- TASK DESCRIPTION -
Output only the span of lines that begins at the line containing "let wait = longest_wait" and ends at the last line of the data, both included, exactly as they appear.

- INPUT FOR THIS TASK -
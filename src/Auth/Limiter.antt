-- ===== src/Auth/Limiter.antt =====
-- ui/app/auth.py, class LoginLimiter. The clock is `time.monotonic()` in nanoseconds, and `state` is
-- the dict `_state` in its insertion order, oldest attempt first.
use openvpn_server.Base.{
  ℕ, ◌+◌, ◌-◌, ◌*◌, ◌/◌, ◌^◌, min, max, Bool, List, [], ◌∷◌, ◌++◌, Text, text_eq, if◌then◌else◌,
  ltb, leb, length, delete_where,
}

abbrev pub second : ℕ
second = 1_000_000_000

-- A key with its failures and the time until which it is blocked.
pub record Entry : Type 0 where
  pub key : Text
  pub failures : ℕ
  pub until : ℕ

pub record Limiter : Type 0 where
  pub threshold : ℕ
  pub max_delay : ℕ
  pub max_keys : ℕ
  pub forget : ℕ
  pub state : List Entry

-- `_state.get(k, (0, 0.0))`
unfoldable pub entry_of : Text → List Entry → Entry
entry_of k [] = record { key = k; failures = 0; until = 0 }
entry_of k (e ∷ st) = if text_eq e.key k then e else entry_of k st

abbrev pub has_key : Text → Entry → Bool
has_key k e = text_eq e.key k

-- `_state.pop(k, None)`
unfoldable pub pop_key : Text → List Entry → List Entry
pop_key k = delete_where (has_key k)

-- The longest time, in ticks, for which one of the keys is still blocked; 0 if none is.
unfoldable pub longest_wait : ℕ → List (Text × ℕ) → List Entry → ℕ
longest_wait now [] st = 0
longest_wait now ((k, limit) ∷ limits) st =
    max ((entry_of k st).until - now) (longest_wait now limits st)

-- The seconds for which a key is blocked after so many failures.
unfoldable pub backoff : ℕ → ℕ → ℕ → ℕ
backoff max_delay limit failures =
    if leb limit failures then min max_delay (2 ^ (failures + 1 - limit)) else 0

-- The failures that still count, and the one of this attempt.
unfoldable pub counted : ℕ → ℕ → Entry → ℕ
counted forget now e = (if ltb (forget * second) (now - e.until) then 0 else e.failures) + 1

-- The entry that an attempt writes for one key.
unfoldable pub charged : Limiter → ℕ → Text × ℕ → Entry → Entry
charged l now (k, limit) e =
    let failures = counted l.forget now e in
    record {
      key = k;
      failures = failures;
      until = now + backoff l.max_delay limit failures * second;
    }

-- The loop over the keys: each is popped and written again at the end.
unfoldable pub charge_all : Limiter → ℕ → List (Text × ℕ) → List Entry → List Entry
charge_all l now [] st = st
charge_all l now ((k, limit) ∷ limits) st =
    charge_all l now limits (pop_key k st ++ charged l now (k, limit) (entry_of k st) ∷ [])

-- `while len(_state) > max_keys`: forget the oldest attempts.
unfoldable pub evict : ℕ → List Entry → List Entry
evict max_keys [] = []
evict max_keys (e ∷ st) = if ltb max_keys (length (e ∷ st)) then evict max_keys st else e ∷ st

-- The keys come with a threshold each, and there is one at least. Returns 0 when the attempt may go
-- ahead, else the seconds to wait.
unfoldable pub attempt : Limiter → ℕ → Text × ℕ → List (Text × ℕ) → ℕ × Limiter
attempt l now first more =
    let limits = first ∷ more in
    let wait = longest_wait now limits l.state in
    if ltb 0 wait
    then (wait / second + 1, l)
    else (0, record l { state = evict l.max_keys (charge_all l now limits l.state) })

-- `attempt(key)` with a key alone takes the limiter's own threshold.
unfoldable pub attempt_key : Limiter → ℕ → Text → ℕ × Limiter
attempt_key l now key = attempt l now (key, l.threshold) []

unfoldable pub success : Text → Limiter → Limiter
success key l = record l { state = pop_key key l.state }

- EXERCISE RESULT -
    let wait = longest_wait now limits l.state in
    if ltb 0 wait
    then (wait / second + 1, l)
    else (0, record l { state = evict l.max_keys (charge_all l now limits l.state) })

-- `attempt(key)` with a key alone takes the limiter's own threshold.
unfoldable pub attempt_key : Limiter → ℕ → Text → ℕ × Limiter
attempt_key l now key = attempt l now (key, l.threshold) []

unfoldable pub success : Text → Limiter → Limiter
success key l = record l { state = pop_key key l.state }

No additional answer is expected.